= TO DO =
Transcribe the entries, keeping every character the same.

= Saved data entries =

-- ===== src/Tcp/Header/Options.antt =====
-- `ParseOptions` ends on all bytes, and reads back what the loop of `Marshal` writes.
use mathlib.Core.List.{append_assoc}
use gonet.Prelude.{
  ℕ, zero, suc, ◌+◌, ◌-◌, ◌≤◌, ◌<◌, ◌≡◌, refl, ap, ◌∙◌, ◌≢◌, ◌⊎◌, inl, inr, List, [], ◌∷◌, ◌++◌,
  arith, le→ltb_false, ne→==_false, length, drop, All, length-append, length-drop, take-append,
  drop-append, Result, ok, err, panic, ◌>>=◌,
}
use gonet.Tcp.Header.{
  after, TcpOption, Error, Next, stop, fail, out_of_range, take_option, next_option, options_loop,
  parse_options, encode_options,
}

-- What a round takes is shorter than what was left.
next_option-shorter :
    (bytes : List ℕ) (opt : TcpOption) (rest : List ℕ)
    → next_option bytes ≡ take_option opt rest
    → length rest < length bytes
unfolding next_option
next_option-shorter [] opt rest e = cc
next_option-shorter (kind ∷ []) opt rest e = ground arith
next_option-shorter (kind ∷ len ∷ body) opt rest e =
    ground (arith, length-drop len (kind ∷ len ∷ body))

-- No round slices out of range.
next_option-inside : (bytes : List ℕ) → next_option bytes ≢ out_of_range
unfolding next_option
next_option-inside [] e = cc
next_option-inside (kind ∷ []) e = ground arith
next_option-inside (kind ∷ len ∷ body) e = ground arith

Next-cases :
    (n : Next)
    → (n ≡ stop)
      ⊎ ((e : Error) × (n ≡ fail e))
      ⊎ (n ≡ out_of_range)
      ⊎ ((opt : TcpOption) × (rest : List ℕ) × (n ≡ take_option opt rest))
Next-cases stop = inl refl
Next-cases (fail e) = inr (inl (e, refl))
Next-cases out_of_range = inr (inr (inl refl))
Next-cases (take_option opt rest) = inr (inr (inr (opt, rest, refl)))

consed-ne-panic :
    (opt : TcpOption) (r : Result Error (List TcpOption))
    → r ≢ panic
    → (r >>= λ opts. ok (opt ∷ opts)) ≢ panic
consed-ne-panic opt (ok opts) h e = cc
consed-ne-panic opt (err x) h e = cc
consed-ne-panic opt panic h e = h refl

pub options_loop_step :
    (fuel : ℕ) (bytes : List ℕ) (n : Next)
    → next_option bytes ≡ n
    → options_loop (suc fuel) bytes ≡ after n (options_loop fuel)
unfolding options_loop
options_loop_step fuel bytes n e = ap (λ m. after m (options_loop fuel)) e

options_loop_last :
    (fuel : ℕ) (bytes : List ℕ) → next_option bytes ≡ stop → options_loop fuel bytes ≡ ok []
unfolding options_loop
options_loop_last zero bytes e = ap (λ m. after m (λ rest. panic)) e
options_loop_last (suc fuel) bytes e = ap (λ m. after m (options_loop fuel)) e

options_loop-ne-panic :
    (fuel : ℕ) (bytes : List ℕ) → length bytes ≤ fuel → options_loop fuel bytes ≢ panic
options_loop-ne-panic zero [] h = unfold options_loop next_option in λ e. cc
options_loop-ne-panic zero (b ∷ bytes) h = absurd (omega arith)
options_loop-ne-panic (suc fuel) bytes h = elim (Next-cases (next_option bytes)) [
  | inl stops ↦ rw (options_loop_step fuel bytes stop stops) (λ e. cc)
  | inr (inl (x, fails)) ↦ rw (options_loop_step fuel bytes (fail x) fails) (λ e. cc)
  | inr (inr (inl beyond)) ↦ absurd (next_option-inside bytes beyond)
  | inr (inr (inr (opt, rest, takes))) ↦
      rw (options_loop_step fuel bytes (take_option opt rest) takes) (
        consed-ne-panic opt (options_loop fuel rest) (
          options_loop-ne-panic fuel rest
            (omega (arith, next_option-shorter bytes opt rest takes))))
]

-- `ParseOptions` ends on every slice, within one round for each byte, and slices nothing out of range.
pub parse_options-ne-panic : (bytes : List ℕ) → parse_options bytes ≢ panic
unfolding parse_options
parse_options-ne-panic bytes = options_loop-ne-panic (length bytes) bytes (omega arith)

-- An option as it goes over the wire: a NOP of one byte, or a kind with its length and content.
abbrev pub IsOption : TcpOption → Type 0
IsOption opt =
    (opt.kind ≡ 1) × (opt.len ≡ 0) × (opt.content ≡ [])
    ⊎ (2 ≤ opt.kind) × (opt.len ≡ 2 + length opt.content)

next_option-sized :
    (kind len : ℕ) (content rest : List ℕ)
    → 2 ≤ kind
    → len ≡ 2 + length content
    → next_option (kind ∷ len ∷ (content ++ rest))
      ≡ take_option (record { kind = kind; len = len; content = content }) rest
unfolding next_option
next_option-sized kind len content rest k l = rw (
  ne→==_false kind 0 (omega arith),
  ne→==_false kind 1 (omega arith),
  le→ltb_false len 2 (omega arith),
  le→ltb_false (2 + length (content ++ rest)) len (omega (arith, length-append content rest)),
  take-append (len - 2) content rest (omega arith),
  le→ltb_false (length (kind ∷ len ∷ (content ++ rest))) len
      (omega (arith, length-append content rest)),
  past,
)
  where
    past : drop len (kind ∷ len ∷ (content ++ rest)) ≡ rest
    past = drop-append len (kind ∷ len ∷ content) rest (omega arith)

-- A round on the bytes of an option takes that option and leaves what follows.
next_option-encode :
    (opt : TcpOption) (opts : List TcpOption) (tail : List ℕ)
    → IsOption opt
    → next_option (encode_options (opt ∷ opts) ++ tail)
      ≡ take_option opt (encode_options opts ++ tail)
unfolding encode_options
next_option-encode opt opts tail (inl (nop, len, content)) = unfold next_option in ground arith
next_option-encode opt opts tail (inr (kind, len)) =
    rw (ne→==_false opt.kind 0 (omega arith), ne→==_false opt.kind 1 (omega arith))
      (ap (λ bytes. next_option (opt.kind ∷ opt.len ∷ bytes))
          (append_assoc opt.content (encode_options opts) tail)
        ∙ next_option-sized opt.kind opt.len opt.content (encode_options opts ++ tail) kind len)

options_loop-encode :
    (fuel : ℕ) (opts : List TcpOption) (tail : List ℕ)
    → length opts ≤ fuel
    → All IsOption opts
    → next_option tail ≡ stop
    → options_loop fuel (encode_options opts ++ tail) ≡ ok opts
options_loop-encode fuel [] tail h v e = unfold encode_options in options_loop_last fuel tail e
options_loop-encode zero (opt ∷ opts) tail h v e = absurd (omega arith)
options_loop-encode (suc fuel) (opt ∷ opts) tail h v e =
    options_loop_step fuel (encode_options (opt ∷ opts) ++ tail)
      (take_option opt (encode_options opts ++ tail)) (next_option-encode opt opts tail v.0)
    ∙ rw (options_loop-encode fuel opts tail (omega arith) v.1 e)

pub length-encode_options :
    (opts : List TcpOption) → All IsOption opts → length opts ≤ length (encode_options opts)
unfolding encode_options
length-encode_options [] v = omega arith
length-encode_options (opt ∷ opts) v =
    ground
      (arith, v.0, length-append opt.content (encode_options opts), length-encode_options opts v.1)

-- `ParseOptions` reads back the options that the loop of `Marshal` wrote, up to the end of the bytes
-- or an end-of-list byte.
pub parse_options-encode :
    (opts : List TcpOption) (tail : List ℕ)
    → All IsOption opts
    → next_option tail ≡ stop
    → parse_options (encode_options opts ++ tail) ≡ ok opts
unfolding parse_options
parse_options-encode opts tail v e =
    options_loop-encode (length (encode_options opts ++ tail)) opts tail
      (omega (arith, length-append (encode_options opts) tail, length-encode_options opts v)) v e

= ANSWER TO THIS EXERCISE =
-- ===== src/Tcp/Header/Options.antt =====
-- `ParseOptions` ends on all bytes, and reads back what the loop of `Marshal` writes.
use mathlib.Core.List.{append_assoc}
use gonet.Prelude.{
  ℕ, zero, suc, ◌+◌, ◌-◌, ◌≤◌, ◌<◌, ◌≡◌, refl, ap, ◌∙◌, ◌≢◌, ◌⊎◌, inl, inr, List, [], ◌∷◌, ◌++◌,
  arith, le→ltb_false, ne→==_false, length, drop, All, length-append, length-drop, take-append,
  drop-append, Result, ok, err, panic, ◌>>=◌,
}
use gonet.Tcp.Header.{
  after, TcpOption, Error, Next, stop, fail, out_of_range, take_option, next_option, options_loop,
  parse_options, encode_options,
}

-- What a round takes is shorter than what was left.
next_option-shorter :
    (bytes : List ℕ) (opt : TcpOption) (rest : List ℕ)
    → next_option bytes ≡ take_option opt rest
    → length rest < length bytes
unfolding next_option
next_option-shorter [] opt rest e = cc
next_option-shorter (kind ∷ []) opt rest e = ground arith
next_option-shorter (kind ∷ len ∷ body) opt rest e =
    ground (arith, length-drop len (kind ∷ len ∷ body))

-- No round slices out of range.
next_option-inside : (bytes : List ℕ) → next_option bytes ≢ out_of_range
unfolding next_option
next_option-inside [] e = cc
next_option-inside (kind ∷ []) e = ground arith
next_option-inside (kind ∷ len ∷ body) e = ground arith

Next-cases :
    (n : Next)
    → (n ≡ stop)
      ⊎ ((e : Error) × (n ≡ fail e))
      ⊎ (n ≡ out_of_range)
      ⊎ ((opt : TcpOption) × (rest : List ℕ) × (n ≡ take_option opt rest))
Next-cases stop = inl refl
Next-cases (fail e) = inr (inl (e, refl))
Next-cases out_of_range = inr (inr (inl refl))
Next-cases (take_option opt rest) = inr (inr (inr (opt, rest, refl)))

consed-ne-panic :
    (opt : TcpOption) (r : Result Error (List TcpOption))
    → r ≢ panic
    → (r >>= λ opts. ok (opt ∷ opts)) ≢ panic
consed-ne-panic opt (ok opts) h e = cc
consed-ne-panic opt (err x) h e = cc
consed-ne-panic opt panic h e = h refl

pub options_loop_step :
    (fuel : ℕ) (bytes : List ℕ) (n : Next)
    → next_option bytes ≡ n
    → options_loop (suc fuel) bytes ≡ after n (options_loop fuel)
unfolding options_loop
options_loop_step fuel bytes n e = ap (λ m. after m (options_loop fuel)) e

options_loop_last :
    (fuel : ℕ) (bytes : List ℕ) → next_option bytes ≡ stop → options_loop fuel bytes ≡ ok []
unfolding options_loop
options_loop_last zero bytes e = ap (λ m. after m (λ rest. panic)) e
options_loop_last (suc fuel) bytes e = ap (λ m. after m (options_loop fuel)) e

options_loop-ne-panic :
    (fuel : ℕ) (bytes : List ℕ) → length bytes ≤ fuel → options_loop fuel bytes ≢ panic
options_loop-ne-panic zero [] h = unfold options_loop next_option in λ e. cc
options_loop-ne-panic zero (b ∷ bytes) h = absurd (omega arith)
options_loop-ne-panic (suc fuel) bytes h = elim (Next-cases (next_option bytes)) [
  | inl stops ↦ rw (options_loop_step fuel bytes stop stops) (λ e. cc)
  | inr (inl (x, fails)) ↦ rw (options_loop_step fuel bytes (fail x) fails) (λ e. cc)
  | inr (inr (inl beyond)) ↦ absurd (next_option-inside bytes beyond)
  | inr (inr (inr (opt, rest, takes))) ↦
      rw (options_loop_step fuel bytes (take_option opt rest) takes) (
        consed-ne-panic opt (options_loop fuel rest) (
          options_loop-ne-panic fuel rest
            (omega (arith, next_option-shorter bytes opt rest takes))))
]

-- `ParseOptions` ends on every slice, within one round for each byte, and slices nothing out of range.
pub parse_options-ne-panic : (bytes : List ℕ) → parse_options bytes ≢ panic
unfolding parse_options
parse_options-ne-panic bytes = options_loop-ne-panic (length bytes) bytes (omega arith)

-- An option as it goes over the wire: a NOP of one byte, or a kind with its length and content.
abbrev pub IsOption : TcpOption → Type 0
IsOption opt =
    (opt.kind ≡ 1) × (opt.len ≡ 0) × (opt.content ≡ [])
    ⊎ (2 ≤ opt.kind) × (opt.len ≡ 2 + length opt.content)

next_option-sized :
    (kind len : ℕ) (content rest : List ℕ)
    → 2 ≤ kind
    → len ≡ 2 + length content
    → next_option (kind ∷ len ∷ (content ++ rest))
      ≡ take_option (record { kind = kind; len = len; content = content }) rest
unfolding next_option
next_option-sized kind len content rest k l = rw (
  ne→==_false kind 0 (omega arith),
  ne→==_false kind 1 (omega arith),
  le→ltb_false len 2 (omega arith),
  le→ltb_false (2 + length (content ++ rest)) len (omega (arith, length-append content rest)),
  take-append (len - 2) content rest (omega arith),
  le→ltb_false (length (kind ∷ len ∷ (content ++ rest))) len
      (omega (arith, length-append content rest)),
  past,
)
  where
    past : drop len (kind ∷ len ∷ (content ++ rest)) ≡ rest
    past = drop-append len (kind ∷ len ∷ content) rest (omega arith)

-- A round on the bytes of an option takes that option and leaves what follows.
next_option-encode :
    (opt : TcpOption) (opts : List TcpOption) (tail : List ℕ)
    → IsOption opt
    → next_option (encode_options (opt ∷ opts) ++ tail)
      ≡ take_option opt (encode_options opts ++ tail)
unfolding encode_options
next_option-encode opt opts tail (inl (nop, len, content)) = unfold next_option in ground arith
next_option-encode opt opts tail (inr (kind, len)) =
    rw (ne→==_false opt.kind 0 (omega arith), ne→==_false opt.kind 1 (omega arith))
      (ap (λ bytes. next_option (opt.kind ∷ opt.len ∷ bytes))
          (append_assoc opt.content (encode_options opts) tail)
        ∙ next_option-sized opt.kind opt.len opt.content (encode_options opts ++ tail) kind len)

options_loop-encode :
    (fuel : ℕ) (opts : List TcpOption) (tail : List ℕ)
    → length opts ≤ fuel
    → All IsOption opts
    → next_option tail ≡ stop
    → options_loop fuel (encode_options opts ++ tail) ≡ ok opts
options_loop-encode fuel [] tail h v e = unfold encode_options in options_loop_last fuel tail e
options_loop-encode zero (opt ∷ opts) tail h v e = absurd (omega arith)
options_loop-encode (suc fuel) (opt ∷ opts) tail h v e =
    options_loop_step fuel (encode_options (opt ∷ opts) ++ tail)
      (take_option opt (encode_options opts ++ tail)) (next_option-encode opt opts tail v.0)
    ∙ rw (options_loop-encode fuel opts tail (omega arith) v.1 e)

pub length-encode_options :
    (opts : List TcpOption) → All IsOption opts → length opts ≤ length (encode_options opts)
unfolding encode_options
length-encode_options [] v = omega arith
length-encode_options (opt ∷ opts) v =
    ground
      (arith, v.0, length-append opt.content (encode_options opts), length-encode_options opts v.1)

-- `ParseOptions` reads back the options that the loop of `Marshal` wrote, up to the end of the bytes
-- or an end-of-list byte.
pub parse_options-encode :
    (opts : List TcpOption) (tail : List ℕ)
    → All IsOption opts
    → next_option tail ≡ stop
    → parse_options (encode_options opts ++ tail) ≡ ok opts
unfolding parse_options
parse_options-encode opts tail v e =
    options_loop-encode (length (encode_options opts ++ tail)) opts tail
      (omega (arith, length-append (encode_options opts) tail, length-encode_options opts v)) v e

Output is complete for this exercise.